Because of the circumstances with grandma, our niece and her husband were at our house and stayed with our kids. We never have people at our house. And my husband isn’t usually home but since it was a holiday, he was. In fact, it was why my dad was with my mom when it happened, and why my each of my siblings were with their significant others and no one was alone. We were so blessed to know the kids were in such loving and capable hands.  God’s timing is always perfect. There is never a good time for a crisis, but He always provides.

My husband and I held hands and prayed in the car as I choked back tears of emotion I just couldn’t keep in.

I was scared.

But, oh, how we felt those prayers. Still scared, but trusting God would walk us all through whatever may come, we made our way to the hospital, joining my siblings and my mom. And, oh, how I saw the presence of God in my mom as she drove herself to the hospital and remained calm and focused on God as we waited.

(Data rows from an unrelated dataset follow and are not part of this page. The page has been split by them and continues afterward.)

-- ===== src/Review/Submission.antt =====
-- review_backend/models.py: the body of POST /api/cases/{id}/review and its validation.
use Prim.Native.Char.{code}
use Prim.Native.String.{count}
use close_control.Base.{
  ℕ, String, Option, none, some, Bool, true, false, not, ◌&&◌, ◌||◌, leb, str_eq, is_space,
}
use close_control.Review.{Decision, Role}

-- OVERRIDABLE_FIELDS, and any other text.
pub data OverrideField : Type 0 where
  agent_exception_type agent_root_cause agent_recommended_action agent_policy_id : OverrideField
  other : String → OverrideField

-- `reviewer_role` and `decision` are `Literal` types; `expected_review_count` is optional.
pub record ReviewSubmission : Type 0 where
  pub reviewer_name : String
  pub reviewer_role : Role
  pub decision : Decision
  pub override_field : Option OverrideField
  pub override_old_value : Option String
  pub override_new_value : Option String
  pub notes : Option String
  pub expected_review_count : Option ℕ

-- `not text.strip()`
is_blank : String → Bool
unfolding is_space
is_blank String.[] = true
is_blank (String.◌∷◌ c text) = is_space (code c) && is_blank text

-- `not self.notes or not self.notes.strip()`
unfoldable pub has_no_reason : Option String → Bool
unfolding is_blank
has_no_reason none = true
has_no_reason (some notes) = is_blank notes

-- The truth value of an optional text: None and the empty text are false.
abbrev pub is_truthy : Option String → Bool
is_truthy none = false
is_truthy (some text) = not (str_eq text "")

is_present : {A : Type 0} → Option A → Bool
is_present none = false
is_present (some _) = true

is_named : Option OverrideField → Bool
is_named none = false
is_named (some (OverrideField.other name)) = not (str_eq name "")
is_named (some _) = true

is_overridable : Option OverrideField → Bool
is_overridable none = false
is_overridable (some (OverrideField.other name)) = false
is_overridable (some _) = true

has_override : ReviewSubmission → Bool
unfolding is_named
has_override s =
    is_named s.override_field || is_truthy s.override_old_value || is_truthy s.override_new_value

-- `_cross_field_rules`: false where a rule raises ValueError.
cross_field_rules : Decision → ReviewSubmission → Bool
unfolding is_present is_overridable has_no_reason has_override
cross_field_rules Decision.overridden s =
    is_present s.override_field
    && is_present s.override_old_value
    && is_present s.override_new_value
    && is_overridable s.override_field
    && not (has_no_reason s.notes)
cross_field_rules Decision.escalated s = not (has_no_reason s.notes)
cross_field_rules Decision.reverted s = not (has_no_reason s.notes) && not (has_override s)
cross_field_rules Decision.approved s = not (has_override s)
cross_field_rules Decision.auto_closed s = not (has_no_reason s.notes) && not (has_override s)
cross_field_rules (Decision.other _) s = false

unfoldable pub is_role : Role → Bool
is_role (Role.other _) = false
is_role _ = true

-- The whole validation: the lengths and literals of the fields, then the rules across them.
unfoldable pub is_valid_submission : ReviewSubmission → Bool
unfolding cross_field_rules is_role
is_valid_submission s =
    leb 1 (count s.reviewer_name)
    && leb (count s.reviewer_name) 200
    && is_role s.reviewer_role
    && cross_field_rules s.decision s
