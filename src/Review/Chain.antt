-- ===== src/Review/Chain.antt =====
-- review_backend/chain.py: the hash-chained audit trail over the `reviews` table.
-- SHA-256 over the JSON text of a payload is code of Python's libraries: a parameter here, with
-- the type of its digests. The table is the list of its rows in the order of their ids.
pub mod Audit
pub mod Tamper
pub mod Lapses
use close_control.Base.{
  ℕ, String, Option, none, some, List, [], ◌∷◌, ◌++◌, Bool, true, false, ◌+◌, ◌≡◌, ◌↔◌, length,
  get_last?,
}
use close_control.Review.{Status, Decision, Role}
use close_control.Review.Submission.{OverrideField}

-- CHAINED_FIELDS: every column of a review but `id` and `chain_hash`.
pub record Fields : Type 0 where
  pub review_uuid : String
  pub transaction_id : String
  pub reviewer_name : String
  pub reviewer_role : Role
  pub decision : Decision
  pub override_field : Option OverrideField
  pub override_old_value : Option String
  pub override_new_value : Option String
  pub notes : Option String
  pub previous_status : Status
  pub resulting_status : Status
  pub created_at : String
  pub application_version : String

-- The digests, GENESIS_HASH, Python's `==` on digests, and `compute_chain_hash`.
pub record Digest : Type 1 where
  pub Hash : Type 0
  pub genesis : Hash
  pub same : Hash → Hash → Bool
  pub same_iff : (a b : Hash) → (same a b ≡ true) ↔ (a ≡ b)
  pub compute_chain_hash : Hash → Fields → Hash

-- A row: its id, its fields, and its `chain_hash`, which is NULL in a row older than the column.
abbrev pub Row : Type 0 → Type 0
Row Hash = ℕ × Fields × Option Hash

pub record BrokenAt (Hash : Type 0) : Type 0 where
  pub id : ℕ
  pub expected : Hash
  pub stored : Hash

-- The result of `verify_chain`; `rows` holds the id of each row that was walked and its `verified`.
pub record Verification (Hash : Type 0) : Type 0 where
  pub total_rows : ℕ
  pub pre_chain_rows : ℕ
  pub checked : ℕ
  pub broken_at : Option (BrokenAt Hash)
  pub rows : List (ℕ × Option Bool)

-- `broken_at is None`
abbrev pub intact : {Hash : Type 0} → Verification Hash → Bool
intact v = elim v.broken_at [ none ↦ true | some _ ↦ false ]

-- The variables of the loop, but `prev_hash`.
pub record Walk (Hash : Type 0) : Type 0 where
  pub pre_chain_rows : ℕ
  pub checked : ℕ
  pub broken_at : Option (BrokenAt Hash)
  pub verified_rows : List (ℕ × Option Bool)

module _ (d : Digest) where
  open d use {Hash, genesis, same, compute_chain_hash}

  -- `row["chain_hash"] if row and row["chain_hash"] else GENESIS_HASH`
  prev_hash : Option (Row Hash) → Hash
  prev_hash (some (id, fields, some h)) = h
  prev_hash _ = genesis

  -- next_chain_hash(conn, fields), over the rows of the table.
  unfoldable pub next_chain_hash : List (Row Hash) → Fields → Hash
  unfolding prev_hash
  next_chain_hash rows fields = compute_chain_hash (prev_hash (get_last? rows)) fields

  abbrev skip : ℕ → Walk Hash → Walk Hash
  skip id w = record w {
    pre_chain_rows = w.pre_chain_rows + 1;
    verified_rows = w.verified_rows ++ (id, none) ∷ [];
  }

  abbrev pass : ℕ → Walk Hash → Walk Hash
  pass id w = record w {
    checked = w.checked + 1;
    verified_rows = w.verified_rows ++ (id, some true) ∷ [];
  }

  abbrev fail : ℕ → Hash → Hash → Walk Hash → Walk Hash
  fail id expected stored w = record w {
    checked = w.checked + 1;
    verified_rows = w.verified_rows ++ (id, some false) ∷ [];
    broken_at = some (record { id = id; expected = expected; stored = stored });
  }

  -- The loop of `verify_chain`, which the first broken row ends.
  walk : Hash → List (Row Hash) → Walk Hash → Walk Hash
  walk prev [] w = w
  walk prev ((id, fields, none) ∷ rows) w = walk genesis rows (skip id w)
  walk prev ((id, fields, some stored) ∷ rows) w =
      let expected = compute_chain_hash prev fields in
      elim (same expected stored) [
        | true ↦ walk stored rows (pass id w)
        | false ↦ fail id expected stored w
      ]

  abbrev fresh : Walk Hash
  fresh = record { pre_chain_rows = 0; checked = 0; broken_at = none; verified_rows = [] }

  unfoldable pub verify_chain : List (Row Hash) → Verification Hash
  unfolding walk
  verify_chain rows =
      let w = walk genesis rows fresh in
      record {
        total_rows = length rows;
        pre_chain_rows = w.pre_chain_rows;
        checked = w.checked;
        broken_at = w.broken_at;
        rows = w.verified_rows;
      }

  -- The row that `submit_review` inserts.
  unfoldable pub append_row : ℕ → Fields → List (Row Hash) → List (Row Hash)
  append_row id fields rows = rows ++ (id, fields, some (next_chain_hash rows fields)) ∷ []
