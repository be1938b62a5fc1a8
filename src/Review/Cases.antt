-- ===== src/Review/Cases.antt =====
-- review_backend/main.py: the rows of `cases`, and what the handlers read off the reviews of a
-- case: its status, and the analyst whose approval awaits a manager.
pub mod History
pub mod FourEyes
use mathlib.Core.List.{reverse}
use close_control.Base.{
  ℕ, String, Option, none, some, List, [], ◌∷◌, Bool, true, false, str_eq, if◌then◌else◌, get_last?,
  keep,
}
use close_control.Review.{Status, Decision, Role}
use close_control.Review.Chain.{Row}
use close_control.Review.Submission.{OverrideField, is_truthy}

-- The columns of `cases` that the handlers read; `column` holds the overridable ones.
pub record CaseRow : Type 0 where
  pub transaction_id : String
  pub required_approval_tier : ℕ
  pub matcher_exception_type : Option String
  pub investigation_gate_decision : Option String
  pub gate_final_decision : Option String
  pub column : OverrideField → Option String

abbrev pub or_else : Option String → Option String → Option String
or_else first second = if is_truthy first then first else second

abbrev initial_status : Option String → Status
initial_status none = Status.pending
initial_status (some decision) =
    if str_eq decision "auto_resolve" then Status.auto_resolved else Status.pending

unfoldable pub derive_status_from_latest : CaseRow → Option Status → Status
derive_status_from_latest case_row (some status) = status
derive_status_from_latest case_row none =
    initial_status (or_else case_row.investigation_gate_decision case_row.gate_final_decision)

-- _get_case_row
unfoldable pub find_case : String → List CaseRow → Option CaseRow
find_case id [] = none
find_case id (c ∷ cs) = if str_eq c.transaction_id id then some c else find_case id cs

abbrev pub is_of : {Hash : Type 0} → String → Row Hash → Bool
is_of id row = str_eq row.1.transaction_id id

-- _get_reviews: the rows of one case, in the order of their ids.
unfoldable pub get_reviews : {Hash : Type 0} → String → List (Row Hash) → List (Row Hash)
get_reviews id = keep (is_of id)

abbrev pub resulting : {Hash : Type 0} → Option (Row Hash) → Option Status
resulting none = none
resulting (some row) = some row.1.resulting_status

-- _derive_status
unfoldable pub derive_status : {Hash : Type 0} → CaseRow → List (Row Hash) → Status
unfolding derive_status_from_latest
derive_status case_row reviews = derive_status_from_latest case_row (resulting (get_last? reviews))

abbrev is_half_approval : Decision → Role → Status → Bool
is_half_approval Decision.approved Role.analyst Status.pending_manager_approval = true
is_half_approval _ _ _ = false

first_analyst : {Hash : Type 0} → List (Row Hash) → Option String
first_analyst [] = none
first_analyst ((id, f, h) ∷ rows) =
    if is_half_approval f.decision f.reviewer_role f.resulting_status
    then some f.reviewer_name
    else first_analyst rows

-- _prior_analyst_reviewer: the loop over the reversed reviews.
unfoldable pub prior_analyst_reviewer : {Hash : Type 0} → List (Row Hash) → Option String
unfolding first_analyst
prior_analyst_reviewer reviews = first_analyst (reverse reviews)
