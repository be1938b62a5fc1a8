-- ===== src/Review/Store.antt =====
-- review_backend/main.py: the tables of the review queue, and `submit_review`.
-- The connection, the clock, the uuid and the append to the correction log are parameters of a
-- call; a call is one transaction, and another call starts after it has committed.
pub mod Effect
pub mod Accepts
pub mod Corrected
pub mod Interleaved
pub mod Histories
pub mod Serve
use close_control.Base.{
  ℕ, String, Option, none, some, List, [], ◌∷◌, ◌++◌, Bool, true, false, not, ◌&&◌, ◌==◌, str_eq,
  length, if◌then◌else◌,
}
use close_control.Review.{Status, Decision, Role, Transition, http_status, next_status}
use close_control.Review.Chain.{Fields, Digest, Row, append_row}
use close_control.Review.Submission.{OverrideField, ReviewSubmission, is_valid_submission}
use close_control.Review.Cases.{
  CaseRow, find_case, get_reviews, derive_status, prior_analyst_reviewer,
}

-- An entry of correction_log.jsonl.
pub record Correction : Type 0 where
  pub transaction_id : String
  pub matcher_exception_type : Option String
  pub override_field : Option OverrideField
  pub override_old_value : Option String
  pub override_new_value : Option String
  pub reason : Option String
  pub reviewer_name : String
  pub created_at : String

-- What a call takes from outside: the new row's id, the uuid, the time, and whether the
-- correction log can be written.
pub record Outside : Type 0 where
  pub row_id : ℕ
  pub review_uuid : String
  pub now : String
  pub log_writable : Bool

pub record Accepted : Type 0 where
  pub review_uuid : String
  pub transaction_id : String
  pub new_status : Status
  pub created_at : String

-- `HTTPException` with its status code.
pub data Response : Type 0 where
  accepted : Accepted → Response
  http_error : ℕ → Response

abbrev pub application_version : String
application_version = "0.1.0"

-- `str(value)` of an optional text.
abbrev python_str : Option String → String
python_str none = "None"
python_str (some text) = text

-- The tables, and the correction log.
pub record Db (Hash : Type 0) : Type 0 where
  pub cases : List CaseRow
  pub reviews : List (Row Hash)
  pub corrections : List Correction

abbrev pub is_override : Decision → Bool
is_override Decision.overridden = true
is_override _ = false

abbrev has_moved : Option ℕ → ℕ → Bool
has_moved none found = false
has_moved (some expected) found = not (expected == found)

-- The override names a value that the column no longer has. No field is named only in a
-- submission that the validation refuses.
abbrev is_stale : CaseRow → ReviewSubmission → Bool
is_stale case_row s = elim s.override_field [
  | none ↦ false
  | some field ↦ not (str_eq (python_str (case_row.column field)) (python_str s.override_old_value))
]

review_fields : Outside → String → ReviewSubmission → Status → Status → Fields
review_fields o transaction_id s current new_status = record {
  review_uuid = o.review_uuid;
  transaction_id = transaction_id;
  reviewer_name = s.reviewer_name;
  reviewer_role = s.reviewer_role;
  decision = s.decision;
  override_field = s.override_field;
  override_old_value = s.override_old_value;
  override_new_value = s.override_new_value;
  notes = s.notes;
  previous_status = current;
  resulting_status = new_status;
  created_at = o.now;
  application_version = application_version;
}

correction : Outside → String → CaseRow → ReviewSubmission → Correction
correction o transaction_id case_row s = record {
  transaction_id = transaction_id;
  matcher_exception_type = case_row.matcher_exception_type;
  override_field = s.override_field;
  override_old_value = s.override_old_value;
  override_new_value = s.override_new_value;
  reason = s.notes;
  reviewer_name = s.reviewer_name;
  created_at = o.now;
}

module _ (d : Digest) where
  open d use {Hash}

  -- The insert, the commit, and the best-effort append to the correction log.
  commit_review :
      Outside → String → CaseRow → ReviewSubmission → Status → Status → Db Hash → Response × Db Hash
  unfolding review_fields correction
  commit_review o id case_row s current new_status db = (
    Response.accepted (record {
      review_uuid = o.review_uuid;
      transaction_id = id;
      new_status = new_status;
      created_at = o.now;
    }),
    record db {
      reviews = append_row d o.row_id (review_fields o id s current new_status) db.reviews;
      corrections =
          if is_override s.decision && o.log_writable
          then db.corrections ++ correction o id case_row s ∷ []
          else db.corrections;
    },
  )

  commit_if :
      Transition
      → Outside
      → String
      → CaseRow
      → ReviewSubmission
      → Status
      → Db Hash
      → Response × Db Hash
  unfolding commit_review
  commit_if (Transition.refused e) o id case_row s current db =
      (Response.http_error (http_status e), db)
  commit_if (Transition.to new_status) o id case_row s current db =
      commit_review o id case_row s current new_status db

  review_case : Outside → String → CaseRow → ReviewSubmission → Db Hash → Response × Db Hash
  unfolding commit_if
  review_case o id case_row s db =
      let reviews = get_reviews id db.reviews in
      let current = derive_status case_row reviews in
      if has_moved s.expected_review_count (length reviews)
      then (Response.http_error 409, db)
      else if is_override s.decision && is_stale case_row s
      then (Response.http_error 422, db)
      else commit_if
          (next_status current case_row.required_approval_tier s.decision s.reviewer_role
            s.reviewer_name (prior_analyst_reviewer reviews))
          o id case_row s current db

  -- `_get_case_row` answers 404 where there is no such case.
  review_found : Option CaseRow → Outside → String → ReviewSubmission → Db Hash → Response × Db Hash
  unfolding review_case
  review_found none o id s db = (Response.http_error 404, db)
  review_found (some case_row) o id s db = review_case o id case_row s db

  unfoldable pub submit_review : Outside → String → ReviewSubmission → Db Hash → Response × Db Hash
  unfolding review_found
  submit_review o id s db = review_found (find_case id db.cases) o id s db

  -- The endpoint: a body that the validation refuses is answered before the handler runs.
  unfoldable pub post_review : Outside → String → ReviewSubmission → Db Hash → Response × Db Hash
  post_review o id s db =
      if is_valid_submission s then submit_review o id s db else (Response.http_error 422, db)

Waiting is not fun. It was over 45 minutes before we heard anything from anyone about how my dad was doing. To make a long story short(er), my dad had a minor heart attack for an unknown reason. We praise the God who hears our prayers that my dad’s heart did not suffer damage and he is doing well.  Now we just need to move forward trusting the God who has already protected my dad to protect him going forward.

Assured he was stable and my sister and brother staying with my mom the next day, my husband and I went to the funeral for his grandma. A funeral for a believer in Christ is full of mourning and sorrow but also full of hope, celebration and joy of a life well-lived for Jesus. Family members participated by singing, reading and speaking of her impact on their lives and of her faith. It was one of the most beautiful and meaningful funerals I have attended and I left feeling sad and a deep sense of loss, but also filled with peace.

A friend who prayed for my dad volunteered to watch our kids. She showed up promptly at 8am and stayed not only during the funeral, but also all afternoon so my husband and I could return to the hospital. It was a long, but good day. This friend served our family and loved us well. We are so grateful and recognize the provision of God through her. We were able to be fully present for all in our family who needed us, we were able to grieve without being brave for our kids, and our kids were poured into by her.

My dad is home and recovering well. Grandma is being missed but in light of the truth that she lives in eternity. Our out-of-town family has returned home. I still cannot believe all that happened in just under 2 weeks. We are all trying to get some rest and I am spending today reflecting on what has transpired.

I pray the rest of this year is filled with life and is less eventful than it has begun. But, I can tell you with confidence that the past two weeks have deepened my faith, my trust and my reliance on God. He showed up in mighty ways and these are just the tip of those ways that I could put into words. In truth, it’s all much deeper than all this.

I’ll leave you with this – God is good, all the time.